*The data:*
-.-.-
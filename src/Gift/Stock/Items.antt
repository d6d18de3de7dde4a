-- ===== src/Gift/Stock/Items.antt =====
-- The owner's operations on items and the reservations within the quantities: a quantity may be
-- raised, or lowered to what is reserved.
use mathlib.Core.Path.{subst}
use yourz_gift.Base.{
  ℕ, ◌≤◌, String, ◌≡◌, ◌⊎◌, refl, sym, Bool, ◌&&◌, some, List, [], ◌∷◌, ◌==◌, eqb, arith, eq_iff,
  ok, Result-cases, Option-cases, Bool-cases, inl, inr,
}
use yourz_gift.Base.Text.{TextLib}
use yourz_gift.Base.Keys.{All-intro}
use yourz_gift.Db.{done, Attempt-cases, has_key}
use yourz_gift.Db.Laws.{first-any, first-holds, first-All}
use yourz_gift.Domain.Gift.{GiftItem, gift_item}
use yourz_gift.Dto.{GiftItemCreate, GiftItemUpdate, GiftItemPriority}
use yourz_gift.Repo.Generic.{get_by_id}
use yourz_gift.Gift.{Gorm, Database, Call, transaction}
use yourz_gift.Gift.Repo.{reorder_loop, reorder_items}
use yourz_gift.Gift.Lists.{get_owner_list}
use yourz_gift.Gift.Items.{
  get_owner_item, create_item, update_item, delete_item, reorder, new_item, updated_item,
}
use yourz_gift.Gift.Repo.Availability.{reserved_in}
use yourz_gift.Gift.Stock.{Fits, Stocked, IsStocked}
use yourz_gift.Gift.Stock.Rows.{amend_items-Stocked, append_item-Stocked}

module _ {g : Gorm} where
  at_state : (db db' : Database g) → db' ≡ db → IsStocked db → IsStocked db'
  at_state db db' e s = subst IsStocked (sym e) s

  owner_item :
      (u id : String) (i : GiftItem) (db : Database g)
      → (get_owner_item u id db).0 ≡ ok i
      → (get_by_id g.items id db.items ≡ ok i) × ((get_owner_item u id db).1 ≡ db)
  unfolding get_owner_item
  owner_item u id i db e = ground arith

  save_item-Stocked :
      (id : String) (i i' : GiftItem) (db : Database g) (t : g.items.Table)
      → get_by_id g.items id db.items ≡ ok i
      → i'.id ≡ i.id
      → reserved_in db i.id ≤ i'.quantity
      → g.items.save i' db.items ≡ done t
      → IsStocked db
      → Stocked (g.items.contents t) (g.reservations.contents db.reservations)
  unfolding get_by_id
  save_item-Stocked id i i' db t found same_id room saved s =
      rw
        (g.items.contents-save i' db.items t
          (rw same_id (first-any g.items (has_key gift_item id) db.items i found)) saved)
        (amend_items-Stocked _ _ (λ x p. ground (arith, eq_iff x.id i'.id))
          (All-intro (λ x p fits l. rw same_id room) _) s)

  delete_items-Stocked :
      (p : GiftItem → Bool) (db : Database g) (t : g.items.Table)
      → g.items.delete p db.items ≡ done t
      → IsStocked db
      → Stocked (g.items.contents t) (g.reservations.contents db.reservations)
  delete_items-Stocked p db t deleted s =
      rw (g.items.contents-delete p db.items t deleted)
        (amend_items-Stocked _ _ (λ x p. refl) (All-intro (λ x p fits l. absurd (cc)) _) s)

  create_items-Stocked :
      (i : GiftItem) (db : Database g) (t : g.items.Table)
      → g.items.create i db.items ≡ done t
      → IsStocked db
      → Stocked (g.items.contents t) (g.reservations.contents db.reservations)
  create_items-Stocked i db t created s =
      rw (g.items.contents-create i db.items t created)
        (append_item-Stocked _ (g.items.create-fresh i db.items t created) s)

  reprioritise-Stocked :
      (p : GiftItem → Bool) (n priority : ℕ) (db : Database g) (t : g.items.Table)
      → g.items.update p (λ r. record r { priority = priority }) db.items ≡ done (n, t)
      → IsStocked db
      → Stocked (g.items.contents t) (g.reservations.contents db.reservations)
  reprioritise-Stocked p n priority db t updated s =
      rw (g.items.contents-update p (λ r. record r { priority = priority }) db.items t n updated)
        (amend_items-Stocked _ _ (λ x h. refl) (All-intro (λ x h fits l. fits l) _) s)

  reorder_loop-IsStocked :
      (list_id : String) (items : List GiftItemPriority) (db : Database g)
      → IsStocked db
      → IsStocked (reorder_loop list_id items db).1
  unfolding reorder_loop
  reorder_loop-IsStocked list_id [] db s = s
  reorder_loop-IsStocked list_id (item ∷ items) db s =
      elim (Attempt-cases (
        g.items.update (λ r. r.id == item.id && r.list_id == list_id)
          (λ r. record r { priority = item.priority }) db.items)) [
            | inr (x, e) ↦ at_state db (reorder_loop list_id (item ∷ items) db).1 (ground arith) s
            | inl ((n, t), e) ↦ elim (Bool-cases (eqb n 0)) [
              | inl none_hit ↦
                  at_state (record db { items = t }) (reorder_loop list_id (item ∷ items) db).1
                    (ground arith) (reprioritise-Stocked _ n item.priority db t e s)
              | inr hit ↦
                  at_state (reorder_loop list_id items (record db { items = t })).1
                    (reorder_loop list_id (item ∷ items) db).1 (ground arith)
                    (reorder_loop-IsStocked list_id items (record db { items = t })
                      (reprioritise-Stocked _ n item.priority db t e s))
            ]
          ]

module _ {g : Gorm} (lib : TextLib) (call : Call) where
  -- The item that UpdateItem saves has room, if the quantity asked for has.
  updated_room :
      (id : String) (req : GiftItemUpdate) (i : GiftItem) (db : Database g)
      → get_by_id g.items id db.items ≡ ok i
      → ((q : ℕ) → req.quantity ≡ some q → reserved_in db id ≤ q)
      → IsStocked db
      → reserved_in db i.id ≤ (updated_item lib call req i).quantity
  unfolding get_by_id updated_item
  updated_room id req i db e room s =
      let h = first-holds g.items (has_key gift_item id) db.items i e in
      let same : i.id ≡ id = ground (arith, eq_iff i.id id) in
      let fits = first-All g.items (has_key gift_item id) db.items i (Fits _) e s.stocked in
      elim (Option-cases req.quantity) [
        | inl none_asked ↦ rw none_asked (fits (ground arith))
        | inr (q, asked) ↦ rw asked (rw same (room q asked))
      ]

  pub update_item-IsStocked :
      (u id : String) (req : GiftItemUpdate) (db : Database g)
      → ((q : ℕ) → req.quantity ≡ some q → reserved_in db id ≤ q)
      → IsStocked db
      → IsStocked (update_item lib call u id req db).1
  unfolding update_item
  update_item-IsStocked u id req db room s = elim (Result-cases (get_owner_item u id db).0) [
    | inr (x, e) ↦ at_state db (update_item lib call u id req db).1 (ground arith) s
    | inl (i, e) ↦
        let (found, same) = owner_item u id i db e in
        elim (Attempt-cases (g.items.save (updated_item lib call req i) db.items)) [
          | inr (x, c) ↦ at_state db (update_item lib call u id req db).1 (ground arith) s
          | inl (t, c) ↦
              at_state (record db { items = t }) (update_item lib call u id req db).1 (ground arith)
                (save_item-Stocked id i _ db t found refl (updated_room id req i db found room s) c
                  s)
        ]
  ]

  pub create_item-IsStocked :
      (u id : String) (req : GiftItemCreate) (db : Database g)
      → IsStocked db
      → IsStocked (create_item lib call u id req db).1
  unfolding create_item
  create_item-IsStocked u id req db s =
      let item = new_item lib call id req in
      elim (Result-cases (get_owner_list u id db).0) [
        | inr (x, e) ↦ at_state db (create_item lib call u id req db).1 (ground arith) s
        | inl (l, e) ↦ elim (Attempt-cases (g.items.create item db.items)) [
          | inr (x, c) ↦ at_state db (create_item lib call u id req db).1 (ground arith) s
          | inl (t, c) ↦
              at_state (record db { items = t }) (create_item lib call u id req db).1 (ground arith)
                (create_items-Stocked item db t c s)
        ]
      ]

  pub delete_item-IsStocked :
      (u id : String) (db : Database g) → IsStocked db → IsStocked (delete_item u id db).1
  unfolding delete_item
  delete_item-IsStocked u id db s = elim (Result-cases (get_owner_item u id db).0) [
    | inr (x, e) ↦ at_state db (delete_item u id db).1 (ground arith) s
    | inl (i, e) ↦ elim (Attempt-cases (g.items.delete (has_key gift_item id) db.items)) [
      | inr (x, c) ↦ at_state db (delete_item u id db).1 (ground arith) s
      | inl (t, c) ↦
          at_state (record db { items = t }) (delete_item u id db).1 (ground arith)
            (delete_items-Stocked (has_key gift_item id) db t c s)
    ]
  ]

  reorder_state :
      (u id : String) (items : List GiftItemPriority) (db : Database g)
      → ((reorder u id items db).1 ≡ db)
        ⊎ ((reorder u id items db).1 ≡ (reorder_loop id items db).1)
  unfolding reorder reorder_items transaction
  reorder_state u id items db = ground arith

  pub reorder-IsStocked :
      (u id : String) (items : List GiftItemPriority) (db : Database g)
      → IsStocked db
      → IsStocked (reorder u id items db).1
  reorder-IsStocked u id items db s = elim (reorder_state u id items db) [
    | inl e ↦ at_state _ _ e s
    | inr e ↦ at_state _ _ e (reorder_loop-IsStocked id items db s)
  ]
-.-.-
*Task statement:* Note each line of the material holding "cases" and copy it out.

*Expected answer:*
  ok, Result-cases, Option-cases, Bool-cases, inl, inr,
use yourz_gift.Db.{done, Attempt-cases, has_key}
      elim (Attempt-cases (
            | inl ((n, t), e) ↦ elim (Bool-cases (eqb n 0)) [
      elim (Option-cases req.quantity) [
  update_item-IsStocked u id req db room s = elim (Result-cases (get_owner_item u id db).0) [
        elim (Attempt-cases (g.items.save (updated_item lib call req i) db.items)) [
      elim (Result-cases (get_owner_list u id db).0) [
        | inl (l, e) ↦ elim (Attempt-cases (g.items.create item db.items)) [
  delete_item-IsStocked u id db s = elim (Result-cases (get_owner_item u id db).0) [
    | inl (i, e) ↦ elim (Attempt-cases (g.items.delete (has_key gift_item id) db.items)) [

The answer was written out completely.